If an immunity or resistance is broad or abstract in its protection, e.g., immune to control effects, immune to effects that steal your turn, immunity to curses, immunity to specific curses, resistant to exhaustion, etc.; then how many of these types of immunities or resistances should a character be allowed to have before it's broken?
Could including a few vulnerabilities balance out the character if they have a few too many immunities or resistances? What should the balanced proportion of immunities to resistances to vulnerabilities be for characters?
When player characters are too extreme for either strengths, weaknesses, or both, the game risks becoming unbalanced and unplayable over the long run.
Broad resistances are common and workable, such as Barbarian's Rage, or a Mantle of Magic Resistance, but as soon as permanent immunity comes into the picture, some encounters become trivialized.
However, if you give a race the ability to activate limited immunity, then the DM can plan accordingly. 1 minute of fire Immunity isn't going to allow the party to bullrush an adventure in the Plane of Fire.
Immunities are really for NPCs and monsters.
100% not true: the "mindless rage" feature makes berserker barbarians unaffected by charmed and frightened conditions while raging; monks are immune to poison, disease and magical ageing effects; Circle of the land druids are immune to poison, disease and being charmed or frightened by elementals or fey; paladins are immune to disease and can't be frightened while conscious, and oath of devotion paladins can't be charmed while conscious or be charmed, frightened or possessed by fey, aberrations, celestials, fiends, undead or elementals. Also, the fey ancestry racial trait makes elves immune to being put to sleep by magic.

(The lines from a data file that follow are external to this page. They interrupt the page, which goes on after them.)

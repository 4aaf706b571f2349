-- ===== src/Workflow/Run/Loop/Starting.antt =====
-- What starting a node's task leaves of the loop of core/src/workflow/workflow.ts.
use mathlib.Core.Path.{subst}
use adk_js.Prelude.{
  suc, ◌≤◌, ◌≡◌, ap, inl, inr, String, true, not, some, length, arith, eq_iff, str_eq, Option-cases,
  if◌then◌else◌,
}
use adk_js.Prelude.Dict.{lookup, put, has, lookup-put}
use adk_js.Prelude.Names.{contains, insert}
use adk_js.Workflow.Run.State.{NodeState, Trigger, Task, resolved, executing, LoopState, Setting}
use adk_js.Workflow.Run.{is_running, is_nil, get_static_node}
use adk_js.Workflow.Run.Loop.{
  start_node_task, with_pending, take_prior, with_run_id, settled, input_for, state_of,
}
use adk_js.Workflow.Run.Loop.Consistent.{
  none_not_some, length-put_le, length-put_pos, has-put, is_running_state, has_interrupts,
}

module _ {V : Type 0} where
  -- What a started task leaves of the loop.
  pub record Started (l l' : LoopState V) (name : String) : Type 0 where
    pub more : length l'.pending ≤ suc (length l.pending)
    pub some_pending : 1 ≤ length l'.pending
    pub pending_of :
        (n : String) → has n l'.pending ≡ (if str_eq name n then true else has n l.pending)
    pub same_buffer : l'.trigger_buffer ≡ l.trigger_buffer
    pub same_ids : l'.interrupt_ids ≡ l.interrupt_ids
    pub running_of :
        (n : String)
        → is_running_state (lookup n l'.nodes) ≡ (
            if str_eq name n
            then is_running (state_of l name).status
            else is_running_state (lookup n l.nodes))
    pub interrupts_of :
        (n : String)
        → has_interrupts (lookup n l'.nodes) ≡ (
            if str_eq name n
            then not (is_nil (state_of l name).interrupts)
            else has_interrupts (lookup n l.nodes))

  take_prior_rest :
      (l : LoopState V) (name : String)
      → ((take_prior l name).1.pending ≡ l.pending)
        × ((take_prior l name).1.trigger_buffer ≡ l.trigger_buffer)
        × ((take_prior l name).1.interrupt_ids ≡ l.interrupt_ids)
        × ((take_prior l name).1.nodes ≡ l.nodes)
  take_prior_rest l name = (ground arith, ground arith, ground arith, ground arith)

  -- The state that a started task's node has.
  with_run_id_rest :
      (s : NodeState V)
      → ((with_run_id s).status ≡ s.status) × ((with_run_id s).interrupts ≡ s.interrupts)
  with_run_id_rest s = (ground arith, ground arith)

  Started-resolved :
      (l m : LoopState V) (name : String) (task : Task V) (s : NodeState V)
      → lookup name l.nodes ≡ some s
      → m.pending ≡ l.pending
      → m.trigger_buffer ≡ l.trigger_buffer
      → m.interrupt_ids ≡ l.interrupt_ids
      → m.nodes ≡ l.nodes
      → Started l (with_pending m name task) name
  Started-resolved l m name task s here p b i n = record {
    more = rw p (length-put_le name task l.pending);
    some_pending = length-put_pos name task m.pending;
    pending_of = λ j. rw p (has-put name j task l.pending);
    same_buffer = b;
    same_ids = i;
    running_of = λ j. rw n (ground (arith, here, eq_iff name j));
    interrupts_of = λ j. rw n (ground (arith, here, eq_iff name j));
  }

  Started-executing :
      (l m : LoopState V) (name : String) (task : Task V) (s : NodeState V)
      → lookup name l.nodes ≡ some s
      → m.pending ≡ l.pending
      → m.trigger_buffer ≡ l.trigger_buffer
      → m.interrupt_ids ≡ l.interrupt_ids
      → m.nodes ≡ l.nodes
      → Started l
          (with_pending
            (record m { nodes = put name (with_run_id (state_of l name)) m.nodes })
            name
            task)
          name
  Started-executing l m name task s here p b i n =
      let state = with_run_id (state_of l name) in
      let (rs, ri) = with_run_id_rest (state_of l name) in
      record {
        more = rw p (length-put_le name task l.pending);
        some_pending = length-put_pos name task m.pending;
        pending_of = λ j. rw p (has-put name j task l.pending);
        same_buffer = b;
        same_ids = i;
        running_of = λ j. rw n (ground (arith, lookup-put name j state l.nodes, ap is_running rs));
        interrupts_of = λ j. rw n (ground (arith, lookup-put name j state l.nodes, ri));
      }

module _ {V : Type 0} (c : Setting V) where
  pub start_node_task-Started :
      (l l' : LoopState V) (name : String) (t : Trigger V) (s : NodeState V)
      → lookup name l.nodes ≡ some s
      → start_node_task c l name t ≡ some l'
      → Started l l' name
  unfolding start_node_task
  start_node_task-Started l l' name t s here e =
      let l₁ = record l { activated = insert name l.activated } in
      let (p, b, i, n) = take_prior_rest l₁ name in
      let m = (take_prior l₁ name).1 in
      elim (Option-cases (get_static_node c.graph name)) [
        | inl missing ↦
            absurd (none_not_some (start_node_task c l name t) l' (ground (arith, missing)) e)
        | inr (node, found) ↦ elim (Option-cases (settled c node (take_prior l₁ name).0)) [
          | inr (r, done) ↦
              let D : with_pending m name (resolved r) ≡ l' = ground (arith, found, done, e) in
              subst (λ x. Started l x name) D
                (Started-resolved l m name (resolved r) s here p b i n)
          | inl runs ↦
              let state = with_run_id (state_of l name) in
              let task : Task V = executing (record {
                run_id = state.run_id;
                input = input_for c (take_prior l₁ name).0 t;
                repeat_activation = contains name l.activated;
                use_sub_branch = t.use_sub_branch;
                branch = t.branch;
                isolation_scope = t.isolation_scope;
              }) in
              let D : with_pending (record m { nodes = put name state m.nodes }) name task ≡ l' =
                ground (arith, found, runs, e) in
              subst (λ x. Started l x name) D (Started-executing l m name task s here p b i n)
        ]
      ]
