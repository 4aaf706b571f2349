-- ===== src/Workflow/Run/Loop/Scheduling.antt =====
-- What the scheduling of ready nodes comes to (core/src/workflow/workflow.ts).
use mathlib.Core.Path.{subst}
use adk_js.Prelude.{
  ℕ, suc, ◌≤◌, ◌≡◌, refl, sym, ◌⊎◌, inl, inr, String, true, false, Option, none, some, List, [],
  ◌∷◌, length, All, arith, eq_iff, Bool-cases, Option-cases,
}
use adk_js.Prelude.Dict.{lookup, has, lookup-put}
use adk_js.Workflow.Run.State.{running, Trigger, LoopState, Setting}
use adk_js.Workflow.Run.{
  is_nil, put_rest, at_concurrency_limit, triggers_or_nil, prepare_node_state_for_starting,
  create_node_state, counter_of,
}
use adk_js.Workflow.Run.Loop.{
  start_node_task, visit, Visit, skip, stop, start, throw, schedule, is_held,
}
use adk_js.Workflow.Run.Loop.Consistent.{none_not_some, IsWithin, IsConsistent, put_rest-buffered}
use adk_js.Workflow.Run.Loop.Starting.{start_node_task-Started}

module _ {V : Type 0} (c : Setting V) where
  -- What there was where a visit starts a task.
  pub record CanStart (l l' : LoopState V) (name : String) : Type 0 where
    pub idle : has name l.pending ≡ false
    pub free : is_held (lookup name l.nodes) ≡ false
    pub room : at_concurrency_limit c l ≡ false
    pub first : Trigger V
    pub others : List (Trigger V)
    pub buffer : lookup name l.trigger_buffer ≡ some (first ∷ others)
    pub task :
        start_node_task c
          (prepare_node_state_for_starting
            (record l { trigger_buffer = put_rest name others l.trigger_buffer })
            name
            first)
          name
          first
        ≡ some l'

  -- Why a visit leaves a node alone.
  abbrev pub Skipped : LoopState V → String → Type 0
  Skipped l name =
      (has name l.pending ≡ true)
      ⊎ ((is_held (lookup name l.nodes) ≡ true)
          ⊎ (is_nil (triggers_or_nil (lookup name l.trigger_buffer)) ≡ true))

  -- What each outcome of a visit says.
  pub data Visited (l : LoopState V) (name : String) : Visit c → Type 0 where
    skips : Skipped l name → Visited l name skip
    stops : at_concurrency_limit c l ≡ true → Visited l name stop
    starts : {l' : LoopState V} → CanStart l l' name → Visited l name (start l')
    throws :
        (m : LoopState V) (t : Trigger V) → start_node_task c m name t ≡ none → Visited l name throw

  visited_trigger :
      (l : LoopState V) (name : String) (t : Trigger V) (ts : List (Trigger V))
      (o : Option (LoopState V))
      → has name l.pending ≡ false
      → is_held (lookup name l.nodes) ≡ false
      → at_concurrency_limit c l ≡ false
      → lookup name l.trigger_buffer ≡ some (t ∷ ts)
      → start_node_task c
          (prepare_node_state_for_starting
            (record l { trigger_buffer = put_rest name ts l.trigger_buffer })
            name
            t)
          name
          t
        ≡ o
      → Visited l name (visit c l name)
  unfolding visit
  visited_trigger l name t ts none h k r b e =
      let D : visit c l name ≡ throw = ground (arith, h, k, r, b, e) in
      subst (Visited l name) (sym D) (throws _ t e)
  visited_trigger l name t ts (some l') h k r b e =
      let D : visit c l name ≡ start l' = ground (arith, h, k, r, b, e) in
      subst (Visited l name) (sym D) (
        starts
          (record { idle = h; free = k; room = r; first = t; others = ts; buffer = b; task = e }))

  visited_buffer :
      (l : LoopState V) (name : String) (ts : List (Trigger V))
      → has name l.pending ≡ false
      → is_held (lookup name l.nodes) ≡ false
      → at_concurrency_limit c l ≡ false
      → lookup name l.trigger_buffer ≡ some ts
      → Visited l name (visit c l name)
  unfolding visit
  visited_buffer l name [] h k r b =
      let D : visit c l name ≡ skip = ground (arith, h, k, r, b) in
      subst (Visited l name) (sym D) (skips (inr (inr (ground (arith, b)))))
  visited_buffer l name (t ∷ ts) h k r b = visited_trigger l name t ts _ h k r b refl

  pub visit-Visited : (l : LoopState V) (name : String) → Visited l name (visit c l name)
  unfolding visit
  visit-Visited l name = elim (Bool-cases (has name l.pending)) [
    | inl h ↦
        let D : visit c l name ≡ skip = ground (arith, h) in
        subst (Visited l name) (sym D) (skips (inl h))
    | inr h ↦ elim (Bool-cases (is_held (lookup name l.nodes))) [
      | inl k ↦
          let D : visit c l name ≡ skip = ground (arith, h, k) in
          subst (Visited l name) (sym D) (skips (inr (inl k)))
      | inr k ↦ elim (Bool-cases (at_concurrency_limit c l)) [
        | inl r ↦
            let D : visit c l name ≡ stop = ground (arith, h, k, r) in
            subst (Visited l name) (sym D) (stops r)
        | inr r ↦ elim (Option-cases (lookup name l.trigger_buffer)) [
          | inl b ↦
              let D : visit c l name ≡ skip = ground (arith, h, k, r, b) in
              subst (Visited l name) (sym D) (skips (inr (inr (ground (arith, b)))))
          | inr (ts, b) ↦ visited_buffer l name ts h k r b
        ]
      ]
    ]
  ]

  pub prepared :
      (l : LoopState V) (name : String) (t : Trigger V)
      → let s = record (create_node_state (counter_of (lookup name l.nodes))) {
        input = t.input;
        status = running;
      } in
        lookup name (prepare_node_state_for_starting l name t).nodes ≡ some s
  unfolding prepare_node_state_for_starting
  prepared l name t =
      let s = record (create_node_state (counter_of (lookup name l.nodes))) {
        input = t.input;
        status = running;
      } in
      ground (arith, lookup-put name name s l.nodes, eq_iff name name)

  IsWithin-of :
      (l : LoopState V) (n : ℕ)
      → at_concurrency_limit c l ≡ false
      → n ≤ suc (length l.pending)
      → IsWithin c.max_concurrency n
  unfolding at_concurrency_limit
  IsWithin-of l n h le = elim (Option-cases c.max_concurrency) [
    | inl e ↦ rw e tt
    | inr (bound, e) ↦ rw e (ground (arith, e, h, le))
  ]

  CanStart-IsConsistent :
      (l l' : LoopState V) (name : String)
      → IsConsistent c l
      → CanStart l l' name
      → IsConsistent c l' × (1 ≤ length l'.pending)
  unfolding prepare_node_state_for_starting
  CanStart-IsConsistent l l' name v s =
      let cut = record l { trigger_buffer = put_rest name s.others l.trigger_buffer } in
      let m = prepare_node_state_for_starting cut name s.first in
      let state = record (create_node_state (counter_of (lookup name l.nodes))) {
        input = s.first.input;
        status = running;
      } in
      let here = prepared cut name s.first in
      let t = start_node_task-Started c m l' name s.first state here s.task in
      (
        record {
          bounded = IsWithin-of l (length l'.pending) s.room t.more;
          running_iff = λ n.
              let at = lookup-put name n state l.nodes in
              let p = t.pending_of n in
              let r = t.running_of n in
              let h = v.running_iff n in ground (arith, p, r, h, at, here);
          buffered = λ n.
              let h = put_rest-buffered name s.others l.trigger_buffer v.buffered n in
              rw t.same_buffer h;
          recorded = λ n.
              let at = lookup-put name n state l.nodes in
              let i = t.interrupts_of n in
              let same = t.same_ids in let h = v.recorded n in ground (arith, i, same, h, at, here);
        },
        t.some_pending,
      )

  -- What the loop over some names comes to: a task is pending, or nothing changed, and then either
  -- there was no room or each name was left alone.
  abbrev pub Scheduled : LoopState V → List String → LoopState V → Type 0
  Scheduled l names l' =
      (1 ≤ length l'.pending)
      ⊎ ((l' ≡ l) × ((at_concurrency_limit c l ≡ true) ⊎ All (Skipped l) names))

  abbrev ScheduleLem : List String → Type 0
  ScheduleLem names =
      (l l' : LoopState V)
      → IsConsistent c l
      → schedule c l names ≡ some l'
      → IsConsistent c l' × Scheduled l names l'

  schedule_step :
      (name : String) (names : List String) (l l' : LoopState V) (v : Visit c)
      → ScheduleLem names
      → IsConsistent c l
      → Visited l name v
      → visit c l name ≡ v
      → schedule c l (name ∷ names) ≡ some l'
      → IsConsistent c l' × Scheduled l (name ∷ names) l'
  unfolding schedule
  schedule_step name names l l' skip IH k (skips s) e h =
      let (k', rest) = IH l l' k (ground (arith, e, h)) in
      (
        k',
        elim rest [
          | inl p ↦ inl p
          | inr (same, inl full) ↦ inr (same, inl full)
          | inr (same, inr all) ↦ inr (same, inr (s, all))
        ],
      )
  schedule_step name names l l' stop IH k (stops full) e h =
      let same : l' ≡ l = ground (arith, e, h) in
      (subst (IsConsistent c) (sym same) k, inr (same, inl full))
  schedule_step name names l l' (start m) IH k (starts s) e h =
      let (km, p) = CanStart-IsConsistent l m name k s in
      let (k', rest) = IH m l' km (ground (arith, e, h)) in
      (
        k',
        elim rest [
          | inl q ↦ inl q
          | inr (same, _) ↦ inl (subst (λ x. 1 ≤ length x.pending) (sym same) p)
        ],
      )
  schedule_step name names l l' throw IH k (throws _ _ _) e h =
      absurd (none_not_some (schedule c l (name ∷ names)) l' (ground (arith, e)) h)

  pub schedule_lem : (names : List String) → ScheduleLem names
  unfolding schedule
  schedule_lem [] l l' k h =
      let same : l' ≡ l = cc in (subst (IsConsistent c) (sym same) k, inr (same, inr tt))
  schedule_lem (name ∷ names) l l' k h =
      schedule_step name names l l' (visit c l name) (schedule_lem names) k (visit-Visited l name)
        refl h
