-- ===== src/Workflow/Run/Loop/Invariant.antt =====
-- Every loop that core/src/workflow/workflow.ts reaches is consistent.
use adk_js.Prelude.{arith, inl, inr, ◌≡◌, String, Option, some, List, Option-cases}
use adk_js.Prelude.Dict.{Dict, remove}
use adk_js.Workflow.Run.State.{RehydratedNode, LoopState, Setting, NodeResult}
use adk_js.Workflow.Run.{seed_start_triggers, new_loop, keys}
use adk_js.Workflow.Run.Loop.{
  schedule_ready_nodes, handle_completion, complete_round, begin, Reaches, begins, completes,
}
use adk_js.Workflow.Run.Loop.Consistent.{none_not_some, IsConsistent}
use adk_js.Workflow.Run.Loop.Scheduling.{schedule_lem}
use adk_js.Workflow.Run.Loop.Completing.{
  seed_start_triggers-IsConsistent, handle_completion-IsConsistent,
}

module _ {V : Type 0} (c : Setting V) where
  -- A loop that a scheduling ends, of one that is consistent.
  pub record Ready (l : LoopState V) : Type 0 where
    pub before : LoopState V
    pub before_consistent : IsConsistent c before
    pub scheduled : schedule_ready_nodes c before ≡ some l

  complete_round-Ready :
      (l m : LoopState V) (name : String) (r : NodeResult V)
      → IsConsistent c l
      → complete_round c l name r ≡ some m
      → Ready m
  unfolding complete_round
  complete_round-Ready l m name r v h =
      let k = record l { pending = remove name l.pending } in
      elim (Option-cases (handle_completion c k name r)) [
        | inl e ↦ absurd (none_not_some (complete_round c l name r) m (ground (arith, e)) h)
        | inr (b, e) ↦ record {
          before = b;
          before_consistent = handle_completion-IsConsistent c l b name r v e;
          scheduled = ground (arith, e, h);
        }
      ]

  Ready-IsConsistent : (l : LoopState V) → Ready l → IsConsistent c l
  unfolding schedule_ready_nodes
  Ready-IsConsistent l r =
      (schedule_lem c (keys r.before.trigger_buffer) r.before l r.before_consistent r.scheduled).0

  pub Reaches-Ready :
      (rehydrated : Dict (List (RehydratedNode V))) (node_input : Option V) (l : LoopState V)
      → Reaches c rehydrated node_input l
      → Ready l
  unfolding begin
  Reaches-Ready rehydrated node_input l (begins h) = record {
    before = seed_start_triggers c.graph (new_loop rehydrated) node_input;
    before_consistent = seed_start_triggers-IsConsistent c rehydrated node_input;
    scheduled = h;
  }
  Reaches-Ready rehydrated node_input m (completes {l = l} name task r reached _ _ h) =
      complete_round-Ready l m name r
        (Ready-IsConsistent l (Reaches-Ready rehydrated node_input l reached)) h

  -- Whatever tasks complete, in any order and with any results: before each race of the loop, the
  -- number of pending tasks keeps to `maxConcurrency`; a node has a pending task just when its status
  -- is RUNNING; no list in the trigger buffer is empty; and if a node has interrupts, then the loop
  -- has recorded some.
  pub Reaches-IsConsistent :
      (rehydrated : Dict (List (RehydratedNode V))) (node_input : Option V) (l : LoopState V)
      → Reaches c rehydrated node_input l
      → IsConsistent c l
  Reaches-IsConsistent rehydrated node_input l h =
      Ready-IsConsistent l (Reaches-Ready rehydrated node_input l h)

A tiefling Storm Soul Sorcerer that takes the Infernal Constitution feat has resistance to Cold, Fire, Poison, Lighting, and Thunder damage and will eventually gain immunity to the last two. Short of multiclassing, there aren't many options for getting more always-on resistances to damage than that. And most multiclass combos that give resistance to a different damage type than one of those are going to wind up being MAD.
Find your own truth, choose your enemies carefully, and never deal with a dragon.
"Canon" is what's factual to D&D lore. "Cannon" is what you're going to be shot with if you keep getting the word wrong.